# I give to you... Fish Fatty



## pacanis

Or if the timing was different, Lenten Fatty. Or Lenten Log 

I've had this idea rolling around in my brain for a while and am finally tackling it today. A fatty made using fish, in this case canned salmon, rather than the usual sausage chub. And stuffed with tiny shrimp and mozzarella.
The salmon was drained and mixed using egg, garlic powder, smoked paprika, ground pepper, green onions, parsley, mayo, lemon juice and bread crumbs, as if I was making a salmon patty. One fatty has a "white" taco sauce and one has cocktail sauce.
They are in the fridge while they set up some and I drink a beer  
The WSM will get fired up shortly. My target temp is 160F for the smoker (pretty cold) and 140 for the fatties... so we'll see what happens. I will use apple wood.

Here's some pics so far.


----------



## Andy M.

Sounds and looks like a good idea.  Are you wrapping them in bacon?


----------



## pacanis

Andy M. said:


> Sounds and looks like a good idea. Are you wrapping them in bacon?


 
Thanks. I'm looking forward to trying them out.
I'm keeping them meat free, just for the heck of it. I had thought of a bacon weave, but with the colder smoking temps used for fish, I just wasn't sure if bacon would work.


----------



## roadfix

That should work.  Right on!


----------



## Andy M.

pacanis said:


> Thanks. I'm looking forward to trying them out.
> I'm keeping them meat free, just for the heck of it. I had thought of a bacon weave, *but with the colder smoking temps used for fish, I just wasn't sure if bacon would work*.

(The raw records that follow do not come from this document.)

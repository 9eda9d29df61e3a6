-- ===== src/Finding/Decision.antt =====
-- internal/finding/decision.go: `Decide`, one decision for each asset.
pub mod Malicious
pub mod Unique
pub mod Grounds
mod Valid
pub mod Checked
use ssc_init.Base.{
  ℕ, ◌+◌, Bool, true, false, not, ◌&&◌, ◌||◌, Option, none, some, List, [], ◌∷◌, ◌++◌, map, any,
  is_empty, ltb, ◌==◌, if◌then◌else◌, Text, codes, text_eq, compare_text, to_lower, Dict, get, put,
  get_all, add, keys, sort_by, sorted_unique, set_of, sort_texts,
}
use ssc_init.Model.{
  Asset, Inventory, Verdict, Severity, Confidence, Action, Family, ti, policy, BundleReference,
  Finding,
}
use ssc_init.Finding.Bundle.{
  Freshness, stale, expired, DenyRule, AllowRule, ExceptionRule, PolicyPayload, ActiveBundle,
}
use ssc_init.Policy.Document.{Violation}
use ssc_init.Finding.Rules.{
  DecisionInput, Allow, Exempt, Runtime, is_known_malicious, Rules, Facts, facts,
}
use ssc_init.Finding.Rank.{verdict_rank, equal_fold, join}

unfoldable pub matching_allows : List Allow → Text → List Text
matching_allows [] digest = []
matching_allows (rule ∷ rest) digest =
    let later = matching_allows rest digest in
    if not (is_empty digest) && equal_fold rule.digest digest then rule.id ∷ later else later

unfoldable pub exact_allows : List Allow → Text → List Text
exact_allows rules digest = sorted_unique (matching_allows rules digest)

unfoldable pub violation_ids : List Violation → List Text
violation_ids violations = sorted_unique (map (λ v. v.rule_id) violations)

unfoldable pub exempted : List Exempt → List Text → List Text
exempted [] ids = []
exempted (rule ∷ rest) ids =
    let later = exempted rest ids in
    if any (λ id. text_eq id rule.rule_id) ids then rule.id ∷ later else later

unfoldable pub matching_exceptions : List Exempt → List Text → List Text
matching_exceptions rules ids = sorted_unique (exempted rules ids)

-- `fmt.Sprintf("level:%d", level)`, for a level of one digit.
abbrev pub level_text : ℕ → Text
level_text level = codes "level:" ++ (48 + level) ∷ []

abbrev pub is_dated : Freshness → Bool
is_dated stale = true
is_dated expired = true
is_dated _ = false

unfoldable pub references : Option ActiveBundle → List BundleReference
references none = []
references (some a) = record { family = policy; sequence = a.sequence; digest = a.digest } ∷ []

unfoldable pub bundle_confidence : Option ActiveBundle → Confidence
bundle_confidence none = Confidence.high
bundle_confidence (some a) = if is_dated a.freshness then Confidence.medium else Confidence.high

-- What a prior finding becomes at level 1.
abbrev pub confirmed : Finding → Finding
confirmed prior = record prior { level = 1; action = Action.advisory }

-- The union of the keys, in order.
unfoldable pub ordered_ids : Facts → List Text
ordered_ids f = sort_texts (set_of (keys f.assets ++ keys f.existing ++ keys f.local))

-- What an iteration of the loop appends.
abbrev pub appended : Option Finding → List Finding → List Finding
appended none rest = rest
appended (some finding) rest = finding ∷ rest

module _ (rt : Runtime) where
  unfoldable pub finding_id : Text → ℕ → List Text → Text
  finding_id asset_id level rule_ids =
      codes "finding:sha256:"
      ++ rt.sha256_hex
          (join 0 (codes "ssc-init.finding.v1" ∷ asset_id ∷ level_text level ∷ rule_ids))

  unfoldable pub policy_finding :
      Asset → ℕ → Action → Verdict → Severity → List Text → Option ActiveBundle → ℕ → Finding
  policy_finding asset level action verdict severity rules active now =
      let rule_ids = sorted_unique rules in
      record {
        id = finding_id asset.id level rule_ids;
        asset_id = asset.id;
        asset_type = asset.kind;
        version = asset.version;
        sha256 = to_lower asset.sha256;
        verdict = verdict;
        severity = severity;
        confidence = bundle_confidence active;
        level = level;
        rule_ids = rule_ids;
        intelligence_ids = [];
        evidence_ids = [];
        detected_at = now;
        action = action;
        bundles = references active;
        campaign_ids = [];
        attack_techniques = [];
      }

  -- What a violation of a known asset becomes: an exception, or a finding of level 5.
  unfoldable pub decide_violation : DecisionInput → Asset → List Exempt → List Violation → Finding
  decide_violation input asset exempts violations =
      let rules = violation_ids violations in
      let excused = matching_exceptions exempts rules in
      if is_empty excused
      then policy_finding asset 5 Action.advisory Verdict.needs_review Severity.medium rules none
          input.now
      else policy_finding asset 4 Action.excepted Verdict.needs_review Severity.low
          (rules ++ excused) input.policy input.now

  -- The ladder behind level 1, for an asset of the inventory.
  unfoldable pub decide_known :
      DecisionInput → Facts → Asset → Text → Option Finding → Option Finding
  decide_known input f asset id prior =
      let denied = get_all id f.rules.denies in
      let allowed = exact_allows (get_all id f.rules.allows) asset.sha256 in
      let violations = get_all id f.local in
      if not (is_empty denied)
      then some (
          policy_finding asset 2 Action.advisory Verdict.needs_review Severity.high denied
            input.policy input.now)
      else if not (is_empty allowed)
      then some (
          policy_finding asset 3 Action.allowed Verdict.no_finding Severity.informational allowed
            input.policy input.now)
      else if not (is_empty violations)
      then some (decide_violation input asset (get_all id f.rules.exceptions) violations)
      else prior

  -- Without an asset only a prior finding is left.
  unfoldable pub decide_rest :
      DecisionInput → Facts → Option Asset → Text → Option Finding → Option Finding
  decide_rest input f none id prior = prior
  decide_rest input f (some asset) id prior = decide_known input f asset id prior

  -- Level 1, in front of the rest of the ladder.
  unfoldable pub decide_prior :
      DecisionInput → Facts → Option Asset → Text → Option Finding → Option Finding
  decide_prior input f asset id none = decide_rest input f asset id none
  decide_prior input f asset id (some prior) =
      if is_known_malicious prior.verdict
      then some (confirmed prior)
      else decide_rest input f asset id (some prior)

  -- The body of the loop for one asset ID.
  unfoldable pub decide_one : DecisionInput → Facts → Text → Option Finding
  decide_one input f id = decide_prior input f (get id f.assets) id (get id f.existing)

  unfoldable pub decide_all : DecisionInput → Facts → List Text → List Finding
  decide_all input f [] = []
  decide_all input f (id ∷ ids) = appended (decide_one input f id) (decide_all input f ids)

  unfoldable pub decide : DecisionInput → List Finding
  decide input =
      sort_by (λ l r. compare_text l.id r.id)
        (decide_all input (facts rt input) (ordered_ids (facts rt input)))
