-- ===== src/Model/Validity.antt =====
-- internal/model/finding.go: `Finding.Valid`.
use ssc_init.Base.{
  ℕ, ◌≡◌, refl, lt, Bool, true, false, not, ◌&&◌, ◌||◌, List, [], ◌∷◌, arith, All, all, any,
  is_empty, ltb, leb, ◌==◌, Text, codes, text_eq, byte_length, compare_text, is_lt, IsAscending,
}
use ssc_init.Model.{
  AssetType, Verdict, Severity, Confidence, Action, Family, BundleReference, Finding,
}

-- The constants of `AssetType`.
abbrev pub asset_types : List AssetType
asset_types =
    codes "agent-plugin"
    ∷ codes "agent-skill"
    ∷ codes "mcp-server"
    ∷ codes "ide-extension"
    ∷ codes "package"
    ∷ codes "project"
    ∷ codes "tool"
    ∷ codes "shell-startup"
    ∷ codes "git-hook"
    ∷ codes "credential-helper"
    ∷ codes "launch-config"
    ∷ codes "process"
    ∷ codes "listening-endpoint"
    ∷ []

unfoldable pub valid_asset_type : AssetType → Bool
valid_asset_type value = any (text_eq value) asset_types

unfoldable pub valid_verdict : Verdict → Bool
valid_verdict (Verdict.other t) = false
valid_verdict _ = true

unfoldable pub valid_severity : Severity → Bool
valid_severity (Severity.other t) = false
valid_severity _ = true

unfoldable pub valid_confidence : Confidence → Bool
valid_confidence (Confidence.other t) = false
valid_confidence _ = true

unfoldable pub valid_action : Action → Bool
valid_action (Action.other t) = false
valid_action _ = true

unfoldable pub valid_family : Family → Bool
valid_family (Family.other t) = false
valid_family _ = true

unfoldable pub is_hex : ℕ → Bool
is_hex c = leb 48 c && leb c 57 || leb 65 c && leb c 70 || leb 97 c && leb c 102

-- `findingSHA256`: 32 bytes in hexadecimal.
unfoldable pub finding_sha256 : Text → Bool
finding_sha256 value = all is_hex value && byte_length value == 64

-- The loop of `sortedUniqueFindingValues` behind its first value.
unfoldable pub ascends : Text → List Text → Bool
ascends previous [] = true
ascends previous (value ∷ values) =
    not (is_empty value) && is_lt (compare_text previous value) && ascends value values

-- The loop; `sort.StringsAreSorted` behind it asks for less than the loop has checked.
unfoldable pub sorted_unique_values : List Text → Bool
sorted_unique_values [] = true
sorted_unique_values (value ∷ values) = not (is_empty value) && ascends value values

unfoldable pub valid_reference : BundleReference → Bool
valid_reference r =
    not (not (valid_family r.family) || r.sequence == 0 || not (finding_sha256 r.digest))

-- `Finding.Valid`
unfoldable pub valid : Finding → Bool
valid f =
    not (
      is_empty f.id
      || is_empty f.asset_id
      || not (valid_asset_type f.asset_type)
      || f.detected_at == 0
      || ltb f.level 1
      || ltb 5 f.level
      || not (valid_verdict f.verdict)
      || not (valid_severity f.severity)
      || not (valid_confidence f.confidence)
      || not (valid_action f.action)
      || not (is_empty f.sha256) && not (finding_sha256 f.sha256)
      || not (sorted_unique_values f.rule_ids)
      || not (sorted_unique_values f.intelligence_ids)
      || not (sorted_unique_values f.evidence_ids)
      || not (sorted_unique_values f.campaign_ids)
      || not (sorted_unique_values f.attack_techniques))
    && all valid_reference f.bundles

ascends_of :
    (x : Text) (xs : List Text)
    → All (λ y. compare_text x y ≡ lt) xs
    → IsAscending xs
    → All (λ y. is_empty y ≡ false) xs
    → ascends x xs ≡ true
unfolding ascends
ascends_of x [] h a n = refl
ascends_of x (y ∷ ys) h a n = ground (arith, ascends_of y ys a.0 a.1 n.1)

-- Ascending texts that are not empty pass the check.
pub sorted_unique_values_of :
    (xs : List Text)
    → IsAscending xs
    → All (λ y. is_empty y ≡ false) xs
    → sorted_unique_values xs ≡ true
unfolding sorted_unique_values
sorted_unique_values_of [] a n = refl
sorted_unique_values_of (x ∷ xs) a n = ground (arith, ascends_of x xs a.0 a.1 n.1)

Good point.  If this works, a whole new world of possibilities opens up - with or without meat.


----------



## Paymaster

Whoa!!!!!!!!!!!!!!!! Now you might be on to sumthin!


----------



## buckytom

so, how'd it go? looks good to start.

btw, i've heard of salmon bacon before. or you could make a weave out of fish skin, which would crisp in the smoker. i mean, i love crispy fish skin.

just a thought.


----------



## Bolas De Fraile

Pac mate what a fantastic idea its got legs.


----------



## Bolas De Fraile

buckytom said:


> btw, i've heard of salmon bacon before. or you could make a weave out of fish skin, which would crisp in the smoker. i mean, i love crispy fish skin.
> 
> just a thought.


Tom mate what a spiffing idea, we used to have a deli in L/pool that hand sliced smoked salmon, my mum would buy the skins and wrap and poach white fish fillets in them then poach the wrapped fillet in milk, the poaching liquid was then used to make a smoky parsley sauce.Served with mash it was fantastic.I bet the skin would work like a dream on Pacs dish.


----------



## buckytom

if we got together, we'd eat like the kings we despise... lol.

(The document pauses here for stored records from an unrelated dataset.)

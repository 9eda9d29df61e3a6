-- ===== src/Finding/Rules/Sources.antt =====
-- internal/finding/decision.go: where the entries of the maps in `Decide` come from.
use ssc_init.Base.{
  ◌≡◌, ◌≢◌, refl, ◌⊎◌, inl, inr, true, false, Bool-cases, some, List, [], ◌∷◌, ◌++◌, arith, All,
  Any, is_empty, Text, text_eq, text_eq_iff, text_eq_refl, to_lower, Dict, get, put, get-put,
  get_all, add, get_all-add, Member,
}
use ssc_init.Model.{Asset, Finding}
use ssc_init.Finding.Bundle.{DenyRule, AllowRule}
use ssc_init.Finding.Rank.{equal_fold}
use ssc_init.Finding.Rules.{
  index_assets, outranks, index_findings, Allow, index_denies, index_allows,
}

-- An asset of the map is an asset of the inventory.
pub index_assets-Member :
    (d : Dict Asset) (assets : List Asset) (id : Text) (a : Asset)
    → get id (index_assets d assets) ≡ some a
    → (get id d ≡ some a) ⊎ Member a assets
unfolding index_assets
index_assets-Member d [] id a h = inl h
index_assets-Member d (x ∷ rest) id a h = elim (index_assets-Member (put x.id x d) rest id a h) [
  | inr m ↦ inr (inr m)
  | inl e ↦ elim (Bool-cases (text_eq x.id id)) [
    | inl t ↦ inr (inl (ground (arith, get-put x.id id x d)))
    | inr f ↦ inl (ground (arith, get-put x.id id x d))
  ]
]

-- What holds of every finding holds of those of the map.
pub index_findings-All :
    (P : Finding → Type 0) (d : Dict Finding) (items : List Finding) (id : Text)
    → All P items
    → ((c : Finding) → get id d ≡ some c → P c)
    → (c : Finding) → get id (index_findings d items) ≡ some c
    → P c
unfolding index_findings
index_findings-All P d [] id a h = h
index_findings-All P d (x ∷ rest) id a h = elim (Bool-cases (outranks x (get x.asset_id d))) [
  | inr f ↦ rw f (index_findings-All P d rest id a.1 h)
  | inl t ↦ rw t (index_findings-All P (put x.asset_id x d) rest id a.1 written)
]
  where
    written : (c : Finding) → get id (put x.asset_id x d) ≡ some c → P c
    written c e = elim (Bool-cases (text_eq x.asset_id id)) [
      | inl t ↦ let same : x ≡ c = ground (arith, get-put x.asset_id id x d) in rw (← same) a.0
      | inr f ↦ h c (ground (arith, get-put x.asset_id id x d))
    ]

snoc-ne : {A : Type 0} (xs : List A) (x : A) → is_empty (xs ++ x ∷ []) ≡ false
snoc-ne [] x = refl
snoc-ne (y ∷ ys) x = refl

-- An asset without deny rules in the map has none in the payload.
pub index_denies-empty :
    (d : Dict (List Text)) (rules : List DenyRule) (id : Text)
    → get_all id (index_denies d rules) ≡ []
    → (get_all id d ≡ []) × All (λ r. r.asset_id ≢ id) rules
unfolding index_denies
index_denies-empty d [] id h = (h, tt)
index_denies-empty d (r ∷ rest) id h =
    let (before, later) = index_denies-empty (add r.asset_id r.id d) rest id h in
    (unread before, (λ e. ground (arith, unread before, denied before e), later))
  where
    unread : get_all id (add r.asset_id r.id d) ≡ [] → get_all id d ≡ []
    unread before = elim (Bool-cases (text_eq r.asset_id id)) [
      | inr f ↦ ground (arith, get_all-add r.asset_id id r.id d)
      | inl t ↦
          ground (arith, get_all-add r.asset_id id r.id d, snoc-ne (get_all r.asset_id d) r.id)
    ]

    denied : get_all id (add r.asset_id r.id d) ≡ [] → r.asset_id ≡ id → ⊥
    denied before e = ground (
      arith,
      get_all-add r.asset_id id r.id d,
      snoc-ne (get_all r.asset_id d) r.id,
      text_eq_iff r.asset_id id,
    )

-- The allow rules of an asset with an equal digest, up to the case of letters.
abbrev pub Allows : Text → Text → AllowRule → Type 0
Allows id digest r = (r.asset_id ≡ id) × (equal_fold (to_lower r.sha256) digest ≡ true)

Any-snoc :
    {A : Type 0} (P : A → Type 0) (xs : List A) (x : A) → Any P (xs ++ x ∷ []) → Any P xs ⊎ P x
Any-snoc P [] x (inl p) = inr p
Any-snoc P [] x (inr m) = elim m [ ]
Any-snoc P (y ∷ ys) x (inl p) = inl (inl p)
Any-snoc P (y ∷ ys) x (inr m) = elim (Any-snoc P ys x m) [ inl n ↦ inl (inr n) | inr p ↦ inr p ]

-- What a map to slices holds under a key stood there before, or was written now.
pub add-Any :
    {V : Type 0} (P : V → Type 0) (key id : Text) (v : V) (d : Dict (List V))
    → Any P (get_all id (add key v d))
    → Any P (get_all id d) ⊎ ((key ≡ id) × P v)
add-Any P key id v d m = elim (Bool-cases (text_eq key id)) [
  | inr f ↦
      let same : get_all id (add key v d) ≡ get_all id d = ground (arith, get_all-add key id v d) in
      inl (rw same at m)
  | inl t ↦
      let e : key ≡ id = (text_eq_iff key id).0 t in
      let same : get_all id (add key v d) ≡ get_all id d ++ v ∷ [] =
        rw (← e) (ground (arith, get_all-add key key v d, text_eq_refl key)) in
      elim (Any-snoc P (get_all id d) v (rw same at m)) [ inl n ↦ inl n | inr p ↦ inr (e, p) ]
]

pub index_allows-Any :
    (d : Dict (List Allow)) (rules : List AllowRule) (id digest : Text)
    → Any (λ (a : Allow). equal_fold a.digest digest ≡ true) (get_all id (index_allows d rules))
    → Any (λ (a : Allow). equal_fold a.digest digest ≡ true) (get_all id d)
      ⊎ Any (Allows id digest) rules
unfolding index_allows
index_allows-Any d [] id digest m = inl m
index_allows-Any d (r ∷ rest) id digest m =
    let rule : Allow = record { id = r.id; digest = to_lower r.sha256 } in
    elim (index_allows-Any (add r.asset_id rule d) rest id digest m) [
      | inr later ↦ inr (inr later)
      | inl found ↦
          elim (add-Any (λ (a : Allow). equal_fold a.digest digest ≡ true) r.asset_id id rule d
            found) [ inl old ↦ inl old | inr new ↦ inr (inl new) ]
    ]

but really, fried salmon skin is akin to fried pork rinds, but on a fishy note. they're fantastic. great as a filler for temaki.

so, where's ridgeback daddy himself on the fish rolatini?


----------



## Bolas De Fraile

buckytom said:


> if we got together, we'd eat like the kings we despise... lol.


Tom mate given your penchant for Boas and makeup dont you mean Kings and Queens


----------



## buckytom

it's only showbiz.

5,6,7,8...


----------



## Bolas De Fraile

buckytom said:


> it's only showbiz.
> 
> 5,6,7,8...


Dang another prospective tinternet romance bites the dust!!!!!!!!!
Ps did you visit the BBC archers forum I posted the link for, after a week of intense postings about the catastrophe surrounding News International someone started the thread " How do I stop my knickers riding up" when I last looked it had 120 replies.


----------



## buckytom

i was 117.


----------



## Bolas De Fraile

Fantastic it took me 6 posts to get a temp ban.
Ps is I like your screen name Danny La Rue


----------



## pacanis

Salmon bacon, that's what it needed.

Everything started out so well... but my fish fatty turned into a fish patty. They both totally lost their shape. And I don't mean falling apart at the seams, they deflated as if they had been filled with air and the probe thermometer let it all out. I was hoping that the one the cheese did not ooze out of was sliceable anyway, but trying to slice it was like trying to slice mashed potatoes. I am not sure what happened. The texture was very much like a typical fatty when they went on the smoker, but it was apparent that the flaked salmon lost its structural integrity the more that it cooked. Perhaps it needed a quick sear in oil. Maybe adding a crust to the outside would have helped, but I'm thinking not.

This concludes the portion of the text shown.